Prezydent w swoim sięgającym niemal 750 mld dol. planie stymulacyjnym aż 100 mld dol. zarezerwował na oświatę. Pieniądze z federalnego budżetu miały iść na utrzymanie przeznaczonych wcześniej do likwidacji etatów nauczycielskich, programy zajęć pozalekcyjnych, wyposażenie klas oraz dożywianie najuboższych. Był to największy jednorazowy zastrzyk gotówki dla szkolnictwa w historii Stanów Zjednoczonych. Sekretarz edukacji Arne Duncan na samym początku ostrzegł szkoły i kuratoria, by nie wydawały wszystkiego od razu, bo potem może pojawić się poważny problem. Tymczasem odbiorcy rekordowej pomocy postąpili dokładnie odwrotnie. Udało się dzięki temu utrzymać bądź stworzyć miejsca pracy dla 250 tys. nauczycieli. Ale problemy zaczęły się, kiedy źródełko z programu stymulacyjnego zaczęło wysychać.

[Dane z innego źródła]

-- ===== src/Sched/Dequeue.antt =====
-- The removal of a task from every bin that it stands in.
use twan.Base.{
  ℕ, zero, suc, ◌<◌, ◌≤◌, ◌≡◌, inl, inr, ap, true, false, List, ◌∷◌, ◌++◌, arith, ◌==◌, ltb, leb,
  Bool-cases, update,
}
use twan.Dq.{Links}
use twan.Dq.Chain.{has, has-append}
use twan.Priorityq.Invariant.{Queues}
use twan.Priorityq.Push.{priorityq_dequeue_lem, dequeue_frame}
use twan.Sched.{Metadata, SchedPriorityq, node_of, dequeue_bins, sched_priorityq_dequeue}
use twan.Sched.Bins.{
  at_least, at_least-append, nodes, nodes-append, nodes-out, AllBins, same-IsPriorityq,
}
use twan.Sched.Push.{IsSched, IsReady, midway, midway_start, midway_step, midway_here}

module _ (levels : ℕ) (tasks : ℕ → Metadata) (m : Links) (q : SchedPriorityq) (s : Queues) (t : ℕ)
    (front back : List ℕ) (ok : IsSched levels tasks m q s) (fits : (tasks t).priority < 256)
    (here : s (tasks t).priority ≡ front ++ t ∷ back) where
  removed : Queues
  removed = update s (tasks t).priority (front ++ back)

  in_levels : (tasks t).criticality < levels
  in_levels = (ok.ready (tasks t).priority t fits (rw (here, has-append) (ground arith))).in_levels

  node_here :
      (k : ℕ)
      → k ≤ (tasks t).criticality
      → nodes levels k (at_least tasks k (s (tasks t).priority))
        ≡ nodes levels k (at_least tasks k front)
          ++ node_of levels t k ∷ nodes levels k (at_least tasks k back)
  node_here k h =
      let l : leb k (tasks t).criticality ≡ true = ground arith in
      rw (here, at_least-append tasks k front (t ∷ back), l, nodes-append)

  bin_after :
      (k p : ℕ)
      → update
          (λ p. nodes levels k (at_least tasks k (s p)))
          (tasks t).priority
          (nodes levels k (at_least tasks k front) ++ nodes levels k (at_least tasks k back))
          p
        ≡ nodes levels k (at_least tasks k (removed p))
  unfolding removed
  bin_after k p = elim (Bool-cases ((tasks t).priority == p)) [
    | inl e ↦ rw (e, at_least-append tasks k front back, nodes-append)
    | inr e ↦ rw e
  ]

  unchanged :
      (i p : ℕ)
      → leb i (tasks t).criticality ≡ false
      → at_least tasks i (s p) ≡ at_least tasks i (removed p)
  unfolding removed
  unchanged i p l = elim (Bool-cases ((tasks t).priority == p)) [
    | inl e ↦
        let same : (tasks t).priority ≡ p = ground arith in
        rw (
          e,
          ← same,
          here,
          at_least-append tasks i front (t ∷ back),
          l,
          at_least-append tasks i front back,
        )
    | inr e ↦ rw e
  ]

  all_after :
      (i p : ℕ)
      → midway levels tasks s removed (suc (tasks t).criticality) i p ≡ at_least tasks i (removed p)
  all_after i p = elim (Bool-cases (ltb i (suc (tasks t).criticality))) [
    | inl e ↦ rw e
    | inr e ↦ rw e (unchanged i p (ground arith))
  ]

  dequeue_rounds :
      (k : ℕ)
      → k ≤ suc (tasks t).criticality
      → let (g, q') = dequeue_bins levels tasks k t (m, q) in
        AllBins levels g q' (midway levels tasks s removed k)
  unfolding dequeue_bins
  dequeue_rounds zero h = midway_start levels tasks m q s removed ok.in_bins
  dequeue_rounds (suc k) h =
      let (g, q') = dequeue_bins levels tasks k t (m, q) in
      let hk : k < levels = omega (arith, in_levels) in
      let before = dequeue_rounds k (omega arith) in
      let bin = midway_here levels tasks g q' s removed k before hk in
      midway_step levels tasks g _ q' s removed k _ before
        (same-IsPriorityq _ _ _ _ (bin_after k)
          (priorityq_dequeue_lem g (q'.bins k) _ (node_of levels t k) (tasks t).priority _ _ bin
            fits (node_here k (omega arith))).0)
        (λ a out.
          dequeue_frame g (q'.bins k) _ (node_of levels t k) (tasks t).priority _ _ a bin fits
            (node_here k (omega arith)) (nodes-out levels k a _ hk out))

  IsReady-after : (p u : ℕ) → p < 256 → has u (removed p) ≡ true → IsReady levels tasks p u
  unfolding removed
  IsReady-after p u hp h = ok.ready p u hp (
      ground (
        arith,
        has-append u front (t ∷ back),
        has-append u front back,
        ap (has u) here,
        λ (i : (tasks t).priority ≡ p). ap (λ x. has u (s x)) i,
      ))

  -- `__sched_priorityq_dequeue` of a ready task takes it out of every bin, and the others stay in order.
  pub sched_priorityq_dequeue_lem :
      let (g, q') = sched_priorityq_dequeue levels tasks t (m, q) in
      IsSched levels tasks g q' (update s (tasks t).priority (front ++ back))
  unfolding sched_priorityq_dequeue removed
  sched_priorityq_dequeue_lem = record {
    in_bins = λ i hi.
        same-IsPriorityq _ _ _ _ (λ p. ap (nodes levels i) (all_after i p))
          (dequeue_rounds (suc (tasks t).criticality) (omega arith) i hi);
    ready = IsReady-after;
  }
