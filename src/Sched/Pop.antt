-- ===== src/Sched/Pop.antt =====
-- Which task comes next, and what the pop of it leaves.
use mathlib.Core.Path.{subst}
use twan.Base.{
  ℕ, ◌<◌, ◌≡◌, ◌≢◌, ◌⊎◌, inl, inr, refl, sym, ap, ◌∙◌, true, false, Option, none, some, List, [],
  ◌∷◌, ◌++◌, arith, ◌==◌, leb, Bool-cases, update,
}
use twan.Dq.{Links}
use twan.Dq.Chain.{has, has-append, first_or, is_nil}
use twan.Priorityq.{priorityq_awaiting_priority}
use twan.Priorityq.Invariant.{Queues}
use twan.Priorityq.Pop.{IsNext, AllEmpty, Awaits, awaiting_lem, priorityq_peekfront_lem}
use twan.Sched.{
  Metadata, SchedPriorityq, node_to_task, sched_priorityq_get_bin, sched_priorityq_dequeue, pop_bin,
  sched_priorityq_pop,
}
use twan.Sched.Bins.{at_least, nodes, to_task-node}
use twan.Sched.Push.{IsSched}
use twan.Sched.Dequeue.{sched_priorityq_dequeue_lem}

module _ (levels : ℕ) (tasks : ℕ → Metadata) where
  -- the lists of the tasks of criticality at least `c`
  abbrev pub above : ℕ → Queues → Queues
  above c s p = at_least tasks c (s p)

  nil_of_nodes : (c : ℕ) (xs : List ℕ) → nodes levels c xs ≡ [] → xs ≡ []
  nil_of_nodes c [] e = refl
  nil_of_nodes c (x ∷ xs) e = ground arith

  at_least-zero : (xs : List ℕ) → at_least tasks 0 xs ≡ xs
  at_least-zero [] = refl
  at_least-zero (x ∷ xs) =
      let h : leb 0 (tasks x).criticality ≡ true = ground arith in rw (h, at_least-zero xs)

  -- The first task of criticality at least `c`, between the tasks before and behind it.
  record IsSplit (c t : ℕ) (xs : List ℕ) : Type 0 where
    before : List ℕ
    behind : List ℕ
    parts : xs ≡ before ++ t ∷ behind

  IsSplit-at : (c t : ℕ) (xs ys : List ℕ) → at_least tasks c xs ≡ t ∷ ys → IsSplit c t xs
  IsSplit-at c t [] ys e = ground arith
  IsSplit-at c t (x ∷ xs) ys e = elim (Bool-cases (leb c (tasks x).criticality)) [
    | inl h ↦
        let same : x ≡ t = ap (first_or 0) (rw h at e) in
        record { before = []; behind = xs; parts = ap (λ z. z ∷ xs) same }
    | inr h ↦
        let r = IsSplit-at c t xs ys (ground arith) in
        record { before = x ∷ r.before; behind = r.behind; parts = ap (λ ys. x ∷ ys) r.parts }
  ]

  nodes-IsNext :
      (c : ℕ) (s : Queues) (p x : ℕ) (xs : List ℕ)
      → c < levels
      → IsNext (λ p. nodes levels c (s p)) p x xs
      → (rest : List ℕ) × IsNext s p (node_to_task levels x c) rest
  nodes-IsNext c s p x xs hc n = go (s p) refl n.queue
    where
      go :
          (ys : List ℕ)
          → s p ≡ ys
          → nodes levels c ys ≡ x ∷ xs
          → (rest : List ℕ) × IsNext s p (node_to_task levels x c) rest
      go [] e f = ground arith
      go (t ∷ ys) e f = (
        ys,
        record {
          priority_in = n.priority_in;
          queue =
              e
              ∙ ap (λ u. u ∷ ys)
                  (sym (to_task-node levels t c hc)
                    ∙ ap (λ (a : ℕ). node_to_task levels a c) (ap (first_or 0) f));
          highest = λ j l hj. nil_of_nodes c (s j) (n.highest j l hj);
        },
      )

  -- The criticality whose tasks are considered: the level's own, or 0 if none of them is ready.
  abbrev pub Considered : (level : ℕ) → Queues → (c : ℕ) → Type 0
  Considered level s c = (c ≡ level) ⊎ ((c ≡ 0) × AllEmpty (above level s))

  -- What the search finds: the priority of a ready task of a criticality considered, the highest one.
  abbrev pub Found : (level : ℕ) → Queues → Option (ℕ × ℕ) → Type 0
  Found level s none = AllEmpty s
  Found level s (some (p, c)) = Awaits (above c s) (some p) × Considered level s c

  -- What a pop returns and leaves: the task is first in the highest priority that has a task of the
  -- criticality considered, and the others stay in order.
  pub record TakesNext (level : ℕ) (s : Queues) (c p task : ℕ) (m' : Links) (q' : SchedPriorityq)
      : Type 0 where
    pub considered : Considered level s c
    pub rest : List ℕ
    pub next : IsNext (above c s) p task rest
    pub front : List ℕ
    pub back : List ℕ
    pub parts : s p ≡ front ++ task ∷ back
    pub left : IsSched levels tasks m' q' (update s p (front ++ back))

  abbrev pub TaskPopped :
      (level : ℕ) → Links → SchedPriorityq → Queues → ℕ × Links × SchedPriorityq → Type 0
  TaskPopped level m q s (task, m', q') =
      ((task ≡ 0) × (m' ≡ m) × (q' ≡ q) × AllEmpty s)
      ⊎ ((c : ℕ) × (p : ℕ) × TakesNext level s c p task m' q')

  Awaits-tasks :
      (c : ℕ) (s : Queues) (o : Option ℕ)
      → c < levels
      → Awaits (λ p. nodes levels c (above c s p)) o
      → Awaits (above c s) o
  Awaits-tasks c s none hc h = λ i hi. nil_of_nodes c (above c s i) (h i hi)
  Awaits-tasks c s (some p) hc (x, xs, n) =
      let (rest, n') = nodes-IsNext c (above c s) p x xs hc n in (node_to_task levels x c, rest, n')

  next_unique :
      (s : Queues) (p p' x x' : ℕ) (xs xs' : List ℕ) → IsNext s p x xs → IsNext s p' x' xs' → p ≡ p'
  next_unique s p p' x x' xs xs' n n' = ground (
    arith,
    n.priority_in,
    n'.priority_in,
    ap is_nil n.queue,
    ap is_nil n'.queue,
    λ (l : p < p'). ap is_nil (n.highest p' l n'.priority_in),
    λ (l : p' < p). ap is_nil (n'.highest p l n.priority_in),
  )

  module _ (m : Links) (q : SchedPriorityq) (s : Queues) (ok : IsSched levels tasks m q s)
      (hl : q.criticality_level < levels) where
    Awaits-bin : (c : ℕ) → c < levels → Awaits (above c s) (priorityq_awaiting_priority (q.bins c))
    Awaits-bin c hc = Awaits-tasks c s _ hc (awaiting_lem m (q.bins c) _ (ok.in_bins c hc))

    empty_of_zero : AllEmpty (above 0 s) → AllEmpty s
    empty_of_zero h i hi = sym (at_least-zero (s i)) ∙ h i hi

    -- If the level is below the number of levels, `__sched_priorityq_get_bin` finds the highest priority that
    -- has a ready task of the level's criticality or above; if there is no such task, the highest
    -- that has any ready task; and nothing exactly if no task is ready.
    pub sched_priorityq_get_bin_lem : Found q.criticality_level s (sched_priorityq_get_bin q)
    unfolding sched_priorityq_get_bin
    sched_priorityq_get_bin_lem =
        go _ (Awaits-bin q.criticality_level hl) _ (Awaits-bin 0 (omega (arith, hl)))
      where
        go :
            (o : Option ℕ)
            → Awaits (above q.criticality_level s) o
            → (o' : Option ℕ) → Awaits (above 0 s) o'
            → Found q.criticality_level s (elim o as (λ _. Option (ℕ × ℕ)) [
              | some priority ↦ some (priority, q.criticality_level)
              | none ↦ elim (q.criticality_level == 0) as (λ _. Option (ℕ × ℕ)) [
                | true ↦ none
                | false ↦ elim o' as (λ _. Option (ℕ × ℕ)) [
                  | none ↦ none
                  | some priority ↦ some (priority, 0)
                ]
              ]
            ])
        go (some p) h o' h' = (h, inl refl)
        go none h o' h' = elim (Bool-cases (q.criticality_level == 0)) [
          | inl e ↦
              let z : q.criticality_level ≡ 0 = ground arith in rw e (empty_of_zero (rw z at h))
          | inr e ↦ rw e (fallback o' h')
        ]
          where
            fallback :
                (o' : Option ℕ)
                → Awaits (above 0 s) o'
                → Found q.criticality_level s (elim o' as (λ _. Option (ℕ × ℕ)) [
                  | none ↦ none
                  | some priority ↦ some (priority, 0)
                ])
            fallback none h' = empty_of_zero h'
            fallback (some p) h' = (h', inr (refl, h))

    found_at :
        (c p : ℕ) (rest : List ℕ) (task : ℕ)
        → Considered q.criticality_level s c
        → IsNext (above c s) p task rest
        → TakesNext q.criticality_level s c p task
            (sched_priorityq_dequeue levels tasks task (m, q)).0
            (sched_priorityq_dequeue levels tasks task (m, q)).1
    found_at c p rest t chosen n =
        let split = IsSplit-at c t (s p) rest n.queue in
        let member : has t (s p) ≡ true = rw (split.parts, has-append) (ground arith) in
        let ready = ok.ready p t n.priority_in member in
        let at = ready.at_priority in
        record {
          considered = chosen;
          rest = rest;
          next = n;
          front = split.before;
          back = split.behind;
          parts = split.parts;
          left =
              subst
                (λ r.
                  IsSched levels tasks (sched_priorityq_dequeue levels tasks t (m, q)).0
                    (sched_priorityq_dequeue levels tasks t (m, q)).1
                    (update s r (split.before ++ split.behind)))
                at
                (sched_priorityq_dequeue_lem levels tasks m q s t split.before split.behind ok
                  (rw at n.priority_in) (rw at split.parts));
        }

    pub pop_bin_lem :
        (c p : ℕ)
        → c < levels
        → Considered q.criticality_level s c
        → Awaits (above c s) (some p)
        → let (task, m', q') = pop_bin levels tasks c (m, q) in
          TakesNext q.criticality_level s c p task m' q'
    unfolding pop_bin
    pop_bin_lem c p hc chosen (x, xs, n) =
        elim (priorityq_peekfront_lem m (q.bins c) _ (ok.in_bins c hc)) [
          | inl (e, empty) ↦
              absurd (cons_nil (sym n.queue ∙ nil_of_nodes c (above c s p) (empty p n.priority_in)))
          | inr (p', ys, n') ↦
              let (rest, next) = nodes-IsNext c (above c s) p' _ ys hc n' in
              let same = next_unique (above c s) p' p _ x rest xs next n in
              found_at c p rest _ chosen (rw same at next)
        ]
      where
        cons_nil : x ∷ xs ≢ []
        cons_nil e = ground arith

    pub Considered-lt : (c : ℕ) → Considered q.criticality_level s c → c < levels
    Considered-lt c (inl e) = omega (arith, hl, e)
    Considered-lt c (inr (e, h)) = omega (arith, hl, e)

    -- If the level is below the number of levels, `__sched_priorityq_pop` takes the first task of the
    -- highest priority among those of the level's criticality or above, or among all if there is
    -- none, out of every bin and leaves the others in order; if no task is ready it returns NULL and
    -- changes nothing.
    pub sched_priorityq_pop_lem :
        TaskPopped q.criticality_level m q s (sched_priorityq_pop levels tasks (m, q))
    unfolding sched_priorityq_pop
    sched_priorityq_pop_lem = go (sched_priorityq_get_bin q) sched_priorityq_get_bin_lem
      where
        go :
            (o : Option (ℕ × ℕ))
            → Found q.criticality_level s o
            → TaskPopped q.criticality_level m q s (elim o as (λ _. ℕ × Links × SchedPriorityq) [
              | none ↦ (0, m, q)
              | some (priority, criticality) ↦ pop_bin levels tasks criticality (m, q)
            ])
        go none h = inl (refl, refl, refl, h)
        go (some (p, c)) (h, chosen) = inr (c, p, pop_bin_lem c p (Considered-lt c chosen) chosen h)

    pub pop_found :
        (p c : ℕ)
        → sched_priorityq_get_bin q ≡ some (p, c)
        → sched_priorityq_pop levels tasks (m, q) ≡ pop_bin levels tasks c (m, q)
    unfolding sched_priorityq_pop
    pop_found p c e = rw (sched_priorityq_pop, e)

– Przebadaliśmy szkoły w 11 stanach od Nebraski po Nowy Jork. Dziewięć z nich wydało już dwie trzecie środków, resztę zostawiając na najbliższe dwa semestry – oświadczył David Sciarra z Education Law Center z uniwersytetu w Newarku podczas konferencji poświęconej kondycji szkolnictwa zorganizowanej przez Uniwersytet Columbia. Tymczasem według konkurencyjnego raportu naukowców z Teachers College w kolejnych 20 stanach, m.in. w New Jersey, Georgii, Florydzie i Waszyngtonie, władze szkół niemal natychmiast wydały całą sumę, jaką dysponowały.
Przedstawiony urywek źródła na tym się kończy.